Of course a good journalist is trained to tell what happened when, where and who did it and why. That there were any number of manuscripts which demonstrated this approach with considerable skill and flair, is hardly surprising when we observe how many of our applicants were, are, or have been, professional media writers.
A conversation about this amongst the panel arose from a question we asked ourselves about what the relevance of this experience might be to the making and sustaining of long narrative fiction. You might also consider the application of word processing to lengthy text. Are we, for example, at risk of losing our capacity to structure our thinking through long pieces of writing that do not require the editing that is integrated in word processing, or the disciplined hand movements intrinsic to elegantly flowing text?

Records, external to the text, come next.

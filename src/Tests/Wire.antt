-- ===== src/Tests/Wire.antt =====
-- hal/src/comms.rs and hal/src/flash.rs at concrete inputs.
use cold_snap.Prelude.{
  Bool, false, ◌≢◌, ◌++◌, length, some, ℕ, ◌+◌, ◌%◌, ◌≤◌, ◌≡◌, ◌↔◌, ◌⊎◌, refl, List, [], ◌∷◌, true,
  Result, ok, err, arith, replicate, length-replicate,
}
use cold_snap.Comms.{Link, DecodeError, unexpected_end, drain_loop, drain, poll}
use cold_snap.Comms.Ends.{drain_loop-fuel}
use cold_snap.Comms.Parse.{DecoderLaws, parse, parse_loop}
use cold_snap.Comms.Receive.{receive}
use cold_snap.Comms.Reassembly.{poll-receive}
use cold_snap.Comms.Buffer.{IsBounded, Leaves, seen, held, drain-parse}
use cold_snap.Mmio.{Bus}
use cold_snap.Flash.{check_bounds, write}
use cold_snap.Flash.Stores.{Inside, write-Inside}
use cold_snap.Flash.Traced.{traced, All}
use cold_snap.Flash.Bounds.{check_bounds_iff}

-- Frames of one byte.
one_byte : List ℕ → Result (ℕ × ℕ) DecodeError
one_byte [] = err unexpected_end
one_byte (x ∷ xs) = ok (x, 1)

loaded : Link
loaded = record { rx = replicate 4096 7; rx_len = 2; magic_progress = 0; linked = true }

loaded-IsBounded : IsBounded loaded
unfolding loaded
loaded-IsBounded = record { size = length-replicate {A = ℕ} 4096 7; fits = omega arith }

drain-parse_example :
    (seen (drain one_byte loaded) ≡ parse one_byte (held loaded))
    × Leaves loaded (drain one_byte loaded)
drain-parse_example = drain-parse one_byte loaded loaded-IsBounded

drain_loop-fuel_example : drain_loop one_byte 5 loaded ≡ drain one_byte loaded
unfolding loaded
drain_loop-fuel_example = drain_loop-fuel one_byte 5 loaded (omega arith)

check_bounds_iff_example :
    (check_bounds 4096 8192 4096 ≡ ok tt)
    ↔ ((4096 ≤ 1 ⊎ ((4096 % 4096 ≡ 0) × (8192 % 4096 ≡ 0))) × (4096 + 8192 ≤ 524288))
check_bounds_iff_example = check_bounds_iff 4096 8192 4096

one_byte-DecoderLaws : DecoderLaws one_byte
unfolding one_byte
one_byte-DecoderLaws = record {
  consumes = λ xs frame n e. consumed xs frame n e;
  extends_ok = λ xs ys frame n e. extended xs ys frame n e;
  extends_err = λ xs ys why e h. failed xs ys why e h;
}
  where
    consumed : (xs : List ℕ) (frame n : ℕ) → one_byte xs ≡ ok (frame, n) → n ≤ length xs
    consumed [] frame n e = absurd (cc e)
    consumed (x ∷ xs) frame n e = grind (arith, e)

    extended :
        (xs ys : List ℕ) (frame n : ℕ)
        → one_byte xs ≡ ok (frame, n)
        → one_byte (xs ++ ys) ≡ ok (frame, n)
    extended [] ys frame n e = absurd (cc e)
    extended (x ∷ xs) ys frame n e = e

    failed :
        (xs ys : List ℕ) (why : DecodeError)
        → one_byte xs ≡ err why
        → why ≢ unexpected_end
        → one_byte (xs ++ ys) ≡ err why
    failed [] ys why e h = absurd (h (cc e))
    failed (x ∷ xs) ys why e h = absurd (cc e)

-- A link after its handshake. Its scan of the magic pattern is not used any more.
ready : Link
ready = record { rx = replicate 4096 7; rx_len = 0; magic_progress = 0; linked = true }

ready-IsBounded : IsBounded ready
unfolding ready
ready-IsBounded = record { size = length-replicate {A = ℕ} 4096 7; fits = omega arith }

ready-stable : parse one_byte (held ready) ≡ ([], some (held ready))
unfolding ready parse parse_loop
ready-stable = refl

no_magic : List ℕ → ℕ → ℕ × Bool × ℕ
no_magic bytes before = (before, false, length bytes)

poll-receive_example :
    (seen (poll one_byte no_magic (1 ∷ 2 ∷ []) ready) ≡ receive one_byte (held ready) (1 ∷ 2 ∷ []))
    × Leaves ready (poll one_byte no_magic (1 ∷ 2 ∷ []) ready)
unfolding ready
poll-receive_example =
    poll-receive one_byte one_byte-DecoderLaws no_magic (1 ∷ 2 ∷ []) ready ready-IsBounded
      ready-stable refl

-- A flash that is idle, and stores into nothing.
idle : Bus (Unit {0})
idle = record { read_volatile = λ a s. (0, s); write_volatile = λ a v s. s }

write-Inside_example :
    All (Inside 4096 8) (write (traced idle) 4096 (1 ∷ 2 ∷ 3 ∷ 4 ∷ 5 ∷ 6 ∷ 7 ∷ 8 ∷ []) (tt, [])).1.1
write-Inside_example = write-Inside idle 4096 (1 ∷ 2 ∷ 3 ∷ 4 ∷ 5 ∷ 6 ∷ 7 ∷ 8 ∷ []) tt
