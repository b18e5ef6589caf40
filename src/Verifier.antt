-- ===== src/Verifier.antt =====
-- `IncidentVerifier` of app/ops_agent/verification.py: what it takes for an incident to be over. The two
-- adapters are None, or what their call comes to is an argument.
pub mod Soundness
use k8s_ops_agent.Base.{
  ℕ, suc, String, Bool, true, false, not, ◌&&◌, ◌||◌, Option, none, some, List, [], ◌∷◌, ◌++◌, ◌is◌,
  length, if◌then◌else◌,
}
use k8s_ops_agent.Json.{Json}
use k8s_ops_agent.Models.{Incident, PodReport, Inspection, not_inspected, absent, present}
use k8s_ops_agent.Adapters.{Call, returned, raised}

-- A named query with its samples, of each the list under "value".
pub record Query : Type 0 where
  pub name : String
  pub samples : List (List Json)

pub record Check : Type 0 where
  pub source : String
  pub healthy : Bool
  pub phase : Option String
  pub reason : Option String
  pub query_count : Option ℕ
  pub error_type : Option String

pub record VerifierReport : Type 0 where
  pub healthy : Bool
  pub checks : List Check
  pub reason : Option String

-- `str.lower`, and whether `float(value) >= 1`, none where `float` raises TypeError or ValueError.
pub record Readings : Type 0 where
  pub lower : String → String
  pub at_least_one : Json → Option Bool

abbrev pub pod_healthy : Inspection → Bool
pod_healthy (present report) = report.ready && not report.is_abnormal
pod_healthy i = false

abbrev pod_phase : Inspection → Option String
pod_phase (present report) = some report.phase
pod_phase i = none

abbrev pod_reason : Inspection → Option String
pod_reason (present report) = report.reason
pod_reason i = none

abbrev failed_check : String → String → Check
failed_check source type_name = record {
  source = source;
  healthy = false;
  phase = none;
  reason = none;
  query_count = none;
  error_type = some type_name;
}

-- A verdict, none where there is none, and the checks that go with it.
abbrev pub Verdicts : Type 0
Verdicts = Option Bool × List Check

unfoldable pub check_inspection : Call Inspection → Verdicts
check_inspection (returned i) = (
  some (pod_healthy i),
  record {
    source = "kubernetes";
    healthy = pod_healthy i;
    phase = pod_phase i;
    reason = pod_reason i;
    query_count = none;
    error_type = none;
  }
      ∷ [],
)
check_inspection (raised kind message) = (some false, failed_check "kubernetes" kind ∷ [])

abbrev keep_reading : Option Bool → List Bool → List Bool
keep_reading none rest = rest
keep_reading (some b) rest = b ∷ rest

abbrev pub any : List Bool → Bool
any [] = false
any (b ∷ bs) = b || any bs

abbrev pub all : List Bool → Bool
all [] = true
all (b ∷ bs) = b && all bs

abbrev pub is_decisive : Query → Bool
is_decisive q = q.name is "pod_ready" || q.name is "redis_up"

abbrev pub decide_by : Bool → List Bool → List Bool → List Bool
decide_by false values rest = rest
decide_by true [] rest = rest
decide_by true (v ∷ vs) rest = any (v ∷ vs) ∷ rest

abbrev pub metrics_verdict : List Bool → Option Bool
metrics_verdict [] = none
metrics_verdict (b ∷ bs) = some (all (b ∷ bs))

abbrev pub metrics_check : Option Bool → ℕ → Verdicts
metrics_check none count = (none, [])
metrics_check (some b) count = (
  some b,
  record {
    source = "prometheus";
    healthy = b;
    phase = none;
    reason = none;
    query_count = some count;
    error_type = none;
  }
      ∷ [],
)

abbrev pub determinate : Option Bool → Option Bool → List Bool
determinate none none = []
determinate (some a) none = a ∷ []
determinate none (some b) = b ∷ []
determinate (some a) (some b) = a ∷ b ∷ []

abbrev pub non_empty : List Bool → Bool
non_empty [] = false
non_empty (b ∷ bs) = true

module _ (readings : Readings) where
  unfoldable pub check_pod : Incident → Option (Call Inspection) → Verdicts
  unfolding check_inspection
  check_pod incident none = (none, [])
  check_pod incident (some call) =
      if readings.lower incident.resource_kind is "pod" then check_inspection call else (none, [])

  -- The readings of a query: of each sample the second value, where it is a number.
  abbrev reading : List Json → Option Bool
  reading (t ∷ v ∷ vs) = readings.at_least_one v
  reading vs = none

  unfoldable pub values_of : List (List Json) → List Bool
  values_of [] = []
  values_of (s ∷ ss) = keep_reading (reading s) (values_of ss)

  unfoldable pub decisions : List Query → List Bool
  unfolding values_of
  decisions [] = []
  decisions (q ∷ qs) = decide_by (is_decisive q) (values_of q.samples) (decisions qs)

  -- `_evaluate_metrics`
  unfoldable pub evaluate_metrics : List Query → Option Bool
  unfolding decisions
  evaluate_metrics queries = metrics_verdict (decisions queries)

  unfoldable pub check_metrics : Option (Call (List Query)) → Verdicts
  unfolding evaluate_metrics
  check_metrics none = (none, [])
  check_metrics (some (returned queries)) =
      metrics_check (evaluate_metrics queries) (length queries)
  check_metrics (some (raised kind message)) = (some false, failed_check "prometheus" kind ∷ [])

  -- `IncidentVerifier.verify`
  unfoldable pub verify_by_adapters :
      Incident → Option (Call Inspection) → Option (Call (List Query)) → VerifierReport
  unfolding check_pod check_metrics
  verify_by_adapters incident pod metrics =
      let p = check_pod incident pod in
      let m = check_metrics metrics in
      let known = determinate p.0 m.0 in
      record {
        healthy = non_empty known && all known;
        checks = p.1 ++ m.1;
        reason = if non_empty known then none else some "no verification source available";
      }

The act of writing is, after all, bodily – as I’ve said – it comes from the whole body, not just the head. It is possible that we are losing the ability to spell, and the disciplined hand movements intrinsic to elegantly written flowing text!
Whatever your opinions on the subject might be, I’ll conclude with the advice that I give all beginning writers (and remember, all advice is meant to be ignored, as rules are made to be broken!). You’ll be doing yourself a favour if you do at least your first draft by hand – and don’t throw it out until the work is finished.
Reviewing my notes on the P.I.P, the main pleasure of reading this summer, I find ‘good story but nothing special in the writing’ and sometimes, with surprise and joy – ‘at last, Beauty!’
Thanks everyone, and good luck.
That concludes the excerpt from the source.